**WHAT THE TASK ASKS:**
The answer must be every line of the records below that contains the word "where", copied out.

[Collected data entries]
_ _ _ _ _

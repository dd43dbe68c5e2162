-- ===== src/Application/AgentPlanning.antt =====
-- `AgentPlanningService` of application/agent_planning.py, over a planner, a registry, a policy and
-- the input guard of the context guard. A `Mapping` is `obj` and a tuple is `arr`.
pub mod Arguments
pub mod Outcomes
pub mod Requests
pub mod Rounds
use kelvin_assistant.Prelude.{
  ℕ, ◌-◌, Bool, true, false, Option, none, some, List, [], ◌∷◌, Text, text_eq, codes, not, ◌&&◌,
  ◌||◌, ◌==◌, ltb, distinct, contains, all, if◌then◌else◌,
}
use kelvin_assistant.Prelude.Int.{ℤ, Number, ltb_number}
use kelvin_assistant.Prelude.Result.{
  Exception, Result, ok, raise, ◌>>=◌, ◌>>◌, raise_if, agent_planning_error,
  tool_arguments_validation_error, unknown_tool_error,
}
use kelvin_assistant.Domain.Json.{
  Json, null, bool, int, float, str, arr, obj, Items, nil, cons, Fields, end, field, lookup,
  field_names,
}
use kelvin_assistant.Domain.ContextGuard.{InputGuard, wrap, GuardedContent}
use kelvin_assistant.Domain.Planner.{
  ClarificationTurn, PlannerRequest, create_request, ClarifyDecision, ToolDecision,
  CompleteDecision, PlannerDecision, clarify, tool, complete,
}
use kelvin_assistant.Domain.Agent.Status.{
  AgentStatus, received, clarifying, planning, observing, status_eq,
}
use kelvin_assistant.Domain.Agent.Run.{AgentRun}
use kelvin_assistant.Domain.Agent.Tools.{
  ToolDefinition, make_tool_call, ToolProposal, make_clarification_request,
}
use kelvin_assistant.Ports.Tools.{ToolRegistry}
use kelvin_assistant.Application.ToolPolicy.{ToolPolicyContext, or_null}
use kelvin_assistant.Application.Agent.{
  AgentClarification, Policy, begin_planning, continue_planning, request_clarification,
  propose_tool, complete_run, fail_run,
}

pub data PlanningOutcome : Type 0 where
  clarification_outcome : AgentClarification → ClarifyDecision → PlanningOutcome
  tool_outcome : ToolProposal → ToolDecision → PlanningOutcome
  completion_outcome : AgentRun → CompleteDecision → PlanningOutcome

-- `AgentPlanner.plan`
abbrev pub Planner : Type 0
Planner = PlannerRequest → Result PlannerDecision

unfoldable pub prepare_run : ℕ → AgentRun → Result AgentRun
prepare_run now run =
    if contains (received ∷ clarifying ∷ []) run.status
    then begin_planning now run
    else if run.status == observing
    then continue_planning now run
    else if run.status == planning
    then ok run
    else raise agent_planning_error

-- The texts of a tuple, if it holds nothing else.
unfoldable pub texts : Items → Option (List Text)
texts nil = some []
texts (cons (str t) xs) = elim (texts xs) [ none ↦ none | (some ts) ↦ some (t ∷ ts) ]
texts (cons _ xs) = none

-- `schema.get("properties", {})`, which has to be a mapping
unfoldable pub properties_of : Option Json → Result Fields
properties_of none = ok end
properties_of (some (obj properties)) = ok properties
properties_of (some _) = raise tool_arguments_validation_error

-- A tuple of texts with no text twice: `len(required) != len(required_value)` refuses the others.
unfoldable pub required_names : Option (List Text) → Result (List Text)
required_names none = raise tool_arguments_validation_error
required_names (some names) =
    if distinct names then ok names else raise tool_arguments_validation_error

-- `schema.get("required", ())`, which has to be such a tuple
unfoldable pub required_of : Option Json → Result (List Text)
required_of none = ok []
required_of (some (arr xs)) = required_names (texts xs)
required_of (some _) = raise tool_arguments_validation_error

-- `value is False`
abbrev pub is_false : Option Json → Bool
is_false (some (bool false)) = true
is_false _ = false

-- The alternatives of `valid`
unfoldable pub has_type : Json → (expected_type : Text) → Bool
has_type (str s) expected = expected == codes "string"
has_type (bool b) expected = expected == codes "boolean"
has_type (int n) expected = expected == codes "integer" || expected == codes "number"
has_type (float x) expected = expected == codes "number"
has_type (obj fs) expected = expected == codes "object"
has_type (arr xs) expected = expected == codes "array"
has_type null expected = false

-- `isinstance(value, (int, float))` without `bool`; also `_schema_number`
abbrev pub number : Json → Option Number
number (int n) = some (Number.int n)
number (float x) = some (Number.float x)
number _ = none

-- `minimum is not None and value < minimum`, and the same for the maximum
abbrev pub below : Option Number → Number → Bool
below none value = false
below (some minimum) value = ltb_number value minimum

abbrev pub above : Option Number → Number → Bool
above none value = false
above (some maximum) value = ltb_number maximum value

unfoldable pub validate_range : Option Number → Fields → Result (Unit {0})
validate_range none schema = raise tool_arguments_validation_error
validate_range (some value) schema = do
  raise_if (below (number (or_null (lookup schema (codes "minimum")))) value)
      tool_arguments_validation_error
  raise_if (above (number (or_null (lookup schema (codes "maximum")))) value)
      tool_arguments_validation_error

-- `_validate_argument_value`, by `schema.get("type")`
unfoldable pub validate_typed : Json → Json → Fields → Result (Unit {0})
validate_typed (str expected) value schema = do
  raise_if (not (has_type value expected)) tool_arguments_validation_error
  (if expected == codes "integer" || expected == codes "number"
      then validate_range (number value) schema
      else ok tt)
validate_typed _ value schema = raise tool_arguments_validation_error

unfoldable pub validate_argument_value : Json → Fields → Result (Unit {0})
validate_argument_value value schema =
    validate_typed (or_null (lookup schema (codes "type"))) value schema

-- The body of the loop, by `properties.get(name)`
unfoldable pub validate_argument : Json → Json → Result (Unit {0})
validate_argument null value = ok tt
validate_argument (obj schema) value = validate_argument_value value schema
validate_argument _ value = raise tool_arguments_validation_error

unfoldable pub validate_each : (properties arguments : Fields) → Result (Unit {0})
validate_each properties end = ok tt
validate_each properties (field name value rest) = do
  validate_argument (or_null (lookup properties name)) value
  validate_each properties rest

unfoldable pub validate_tool_arguments : ToolDefinition → Fields → Result (Unit {0})
validate_tool_arguments definition arguments = do
  let schema = definition.input_schema
  properties ← properties_of (lookup schema (codes "properties"))
  required ← required_of (lookup schema (codes "required"))
  raise_if (not (all (contains (field_names arguments)) required)) tool_arguments_validation_error
  raise_if
      (is_false (lookup schema (codes "additionalProperties"))
        && not (all (contains (field_names properties)) (field_names arguments)))
      tool_arguments_validation_error
  validate_each properties arguments

-- `except UnknownToolError` in `apply_decision`
unfoldable pub selected : Result ToolDefinition → Result ToolDefinition
selected (raise unknown_tool_error) = raise agent_planning_error
selected r = r

-- The observation that the planner sees: the guarded text, or none if it is not safe.
unfoldable pub guard_observation : InputGuard → Option Text → Option Text
guard_observation input_guard none = none
guard_observation input_guard (some observation) =
    let guarded = wrap input_guard observation (codes "tool_observation") in
    if guarded.is_safe then some guarded.text else none

module _ (registry : ToolRegistry) (policy : Policy) where
  -- The branches of `apply_decision`; `id` is the fresh identifier of a call.
  unfoldable pub apply_action :
      PlannerDecision → (id now : ℕ) → AgentRun → ToolPolicyContext → Result PlanningOutcome
  apply_action (clarify decision) id now run context = do
    request ← make_clarification_request decision.question decision.reason
    clarification ← request_clarification now run request
    ok (clarification_outcome clarification decision)
  apply_action (complete decision) id now run context = do
    next ← complete_run now run
    ok (completion_outcome next decision)
  apply_action (tool decision) id now run context = do
    definition ← selected (registry.get decision.tool_name)
    validate_tool_arguments definition decision.arguments
    call ←
        make_tool_call id definition.name decision.arguments decision.reason
          decision.expected_effect definition.risk
    proposal ← propose_tool policy now run call context
    ok (tool_outcome proposal decision)

  unfoldable pub apply_decision :
      (id now : ℕ) → AgentRun → PlannerDecision → ToolPolicyContext → Result PlanningOutcome
  apply_decision id now run decision context = do
    raise_if (not (run.status == planning)) agent_planning_error
    apply_action decision id now run context

  unfoldable pub plan_next :
      InputGuard
      → Planner
      → (id now : ℕ) → AgentRun
      → List ClarificationTurn
      → Option Text
      → ToolPolicyContext
      → Result PlanningOutcome
  plan_next input_guard plan id now run clarifications observation context = do
    raise_if (not (run.status == planning)) agent_planning_error
    raise_if (ltb (run.max_steps - run.step_count) 1) agent_planning_error
    request ←
        create_request run.goal registry.list_all (run.max_steps - run.step_count) clarifications
          (guard_observation input_guard observation)
    decision ← plan request
    apply_decision id now run decision context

_ _ _ _ _

**SOLVED PROBLEM:**
pub data PlanningOutcome : Type 0 where
module _ (registry : ToolRegistry) (policy : Policy) where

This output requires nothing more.